Stored data:
********************

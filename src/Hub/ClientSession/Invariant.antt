-- ===== src/Hub/ClientSession/Invariant.antt =====
-- The invariant of a session, and what opening and closing do.
use can_hub.Protocol.Subscribe.{CanFilter}
use can_hub.Base.{
  ℕ, ◌+◌, ◌%◌, ◌≤◌, ◌<◌, ◌≡◌, refl, ◌∙◌, ◌⊎◌, inl, inr, Bool, true, false, not, ◌&&◌, List, Option,
  none, some, arith, ltb, if◌then◌else◌, length, get_or, set, find_index, Text, count, count-set,
  find_index_sound, Option-cases, Bool-cases, update_where, count-update_where, length-update_where,
  length-set, full_of_none, count-replicate-false,
}
use can_hub.Hub.ClientSession.{
  ClientSession, ChannelBinding, ChannelOpenRequest, blank, on_channel, live_on, find_by_channel,
  find_free, reset, open_interface, bind_channel, fill_binding, close_channel, set_filters,
  detach_interface, reattach_interface, take_reliable_binding, reattaches,
}
use can_hub.Hub.ClientSession.Channels.{allocate_channel_total}

pub record IsValid (s : ClientSession) : Type 0 where
  pub sized : length s.bindings ≡ 32
  pub next_in : s.next_channel < 256
  pub distinct : (channel : ℕ) → count (on_channel channel) s.bindings ≤ 1

pub reset-IsValid : IsValid reset
unfolding reset
reset-IsValid = record {
  sized = refl;
  next_in = omega arith;
  distinct = λ c. omega (arith, count-replicate-false (on_channel c) 32 blank refl);
}

-- What `ClientSession_OpenInterface` does on each way out.
pub data Opened (s : ClientSession) (request : ChannelOpenRequest)
    : Option ℕ × ClientSession → Type 0 where
  full : count (λ b. b.in_use) s.bindings ≡ 32 → Opened s request (none, s)
  bound :
      (slot channel : ℕ)
      → slot < 32
      → (get_or s.bindings slot blank).in_use ≡ false
      → channel < 256
      → count (on_channel channel) s.bindings ≡ 0
      → Opened s request (
        some channel,
        record {
          bindings =
              set s.bindings slot (fill_binding (get_or s.bindings slot blank) request channel);
          next_channel = (channel + 1) % 256;
        },
      )

-- In a valid session, opening an interface is refused only when all 32 bindings are in use, and
-- changes nothing then; otherwise it fills a free binding, on a channel that no binding of the
-- session holds, and the next channel is the one after it.
pub open_interface-Opened :
    (s : ClientSession) (request : ChannelOpenRequest)
    → IsValid s
    → Opened s request (open_interface s request)
unfolding open_interface find_free
open_interface-Opened s request v =
    elim (Option-cases (find_index (λ b. not b.in_use) s.bindings)) [
      | inl busy ↦
          rw (busy, open_interface) (full (full_of_none (λ b. b.in_use) s.bindings busy ∙ v.sized))
      | inr (slot, free) ↦
          let (inside, unused) = find_index_sound (λ b. not b.in_use) s.bindings blank free in
          let (channel, allocated, low, fresh) = allocate_channel_total s v.sized v.next_in in
          rw (free, open_interface, allocated, bind_channel)
            (bound slot channel (omega (arith, v.sized)) (ground (arith, unused)) low fresh)
    ]

-- A session with one binding replaced, whose channel is the old one or free.
module _ {s : ClientSession} (v : IsValid s) (i n : ℕ) (b : ChannelBinding) (inside : i < 32)
    (small : n < 256) where
  replace-IsValid :
      ((c : ℕ)
        → on_channel c b ≡ true
        → (on_channel c (get_or s.bindings i blank) ≡ true) ⊎ (count (on_channel c) s.bindings ≡ 0))
      → IsValid (record { bindings = set s.bindings i b; next_channel = n })
  replace-IsValid one = record {
    sized = length-set s.bindings i b ∙ v.sized;
    next_in = small;
    distinct = λ c. elim (Bool-cases (on_channel c b)) [
      | inl held ↦ elim (one c held) [
        | inl old ↦ ground (arith, v.distinct c, counted c)
        | inr free ↦ ground (arith, counted c)
      ]
      | inr other ↦ ground (arith, v.distinct c, counted c)
    ];
  }
    where
      counted :
          (c : ℕ)
          → count (on_channel c) (set s.bindings i b)
              + (if on_channel c (get_or s.bindings i blank) then 1 else 0)
            ≡ count (on_channel c) s.bindings + (if on_channel c b then 1 else 0)
      counted c = count-set (on_channel c) s.bindings i b blank (omega (arith, v.sized))

Opened-IsValid :
    {s : ClientSession} {request : ChannelOpenRequest} {r : Option ℕ × ClientSession}
    → IsValid s
    → Opened s request r
    → IsValid r.1
unfolding fill_binding
Opened-IsValid v (full busy) = v
Opened-IsValid {s} {request} v (bound slot channel inside unused low fresh) =
    replace-IsValid v slot ((channel + 1) % 256)
      (fill_binding (get_or s.bindings slot blank) request channel) inside (omega arith)
      (λ c held. inr (ground (arith, held, fresh)))

-- A session with bindings changed where the change does not touch use and channel.
module _ {s : ClientSession} (v : IsValid s) (q : ChannelBinding → Bool)
    (f : ChannelBinding → ChannelBinding)
    (same : (c : ℕ) (b : ChannelBinding) → on_channel c (f b) ≡ on_channel c b) where
  update-IsValid : IsValid (record s { bindings = update_where q f s.bindings })
  update-IsValid = record {
    sized = length-update_where q f s.bindings ∙ v.sized;
    next_in = v.next_in;
    distinct =
        λ c. omega (arith, count-update_where (on_channel c) q f s.bindings (same c), v.distinct c);
  }

module _ {s : ClientSession} (v : IsValid s) where
  pub open_interface-IsValid : (request : ChannelOpenRequest) → IsValid (open_interface s request).1
  open_interface-IsValid request = Opened-IsValid v (open_interface-Opened s request v)

  pub close_channel-IsValid : (channel : ℕ) → IsValid (close_channel s channel)
  unfolding close_channel find_by_channel
  close_channel-IsValid channel = elim (Option-cases (find_index (on_channel channel) s.bindings)) [
    | inl absent ↦ rw (absent, close_channel) v
    | inr (i, hit) ↦
        let (inside, held) = find_index_sound (on_channel channel) s.bindings blank hit in
        rw (hit, close_channel)
          (replace-IsValid v i s.next_channel blank (omega (arith, v.sized)) v.next_in
            (λ c e. absurd (ground arith)))
  ]

  pub set_filters-IsValid :
      (channel n : ℕ) (filters : List CanFilter) → IsValid (set_filters s channel filters n).1
  unfolding set_filters find_by_channel
  set_filters-IsValid channel n filters =
      elim (Option-cases (find_index (on_channel channel) s.bindings)) [
        | inl absent ↦ rw (absent, set_filters) v
        | inr (i, hit) ↦
            let (inside, held) = find_index_sound (on_channel channel) s.bindings blank hit in
            elim (Bool-cases (ltb 16 n)) [
              | inl many ↦ rw (hit, set_filters, many) v
              | inr few ↦
                  rw (hit, set_filters, few)
                    (replace-IsValid v i s.next_channel _ (omega (arith, v.sized)) v.next_in
                      (λ c e. inl e))
            ]
      ]

  pub take_reliable_binding-IsValid : IsValid (take_reliable_binding s).1
  unfolding take_reliable_binding
  take_reliable_binding-IsValid =
      elim (Option-cases (find_index (λ b. b.in_use && b.reliable) s.bindings)) [
        | inl absent ↦ rw (absent, take_reliable_binding) v
        | inr (i, hit) ↦
            let (inside, held) =
              find_index_sound (λ b. b.in_use && b.reliable) s.bindings blank hit in
            rw (hit, take_reliable_binding)
              (replace-IsValid v i s.next_channel blank (omega (arith, v.sized)) v.next_in
                (λ c e. absurd (ground arith)))
      ]

  pub detach_interface-IsValid : (interface_id : ℕ) → IsValid (detach_interface s interface_id)
  unfolding detach_interface
  detach_interface-IsValid interface_id = update-IsValid v (live_on interface_id) _ (λ c b. refl)

  pub reattach_interface-IsValid :
      (agent_name interface_name : Text) (interface_id : ℕ) (can_write : Bool)
      → IsValid (reattach_interface s agent_name interface_name interface_id can_write).1
  unfolding reattach_interface
  reattach_interface-IsValid agent_name interface_name interface_id can_write =
      update-IsValid v (reattaches agent_name interface_name) _ (λ c b. refl)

********************

■ WHAT IS EXPECTED ■
Locate and copy each line in the data above that includes the word "does".

■ ANSWER SECTION ■
-- What `ClientSession_OpenInterface` does on each way out.
-- A session with bindings changed where the change does not touch use and channel.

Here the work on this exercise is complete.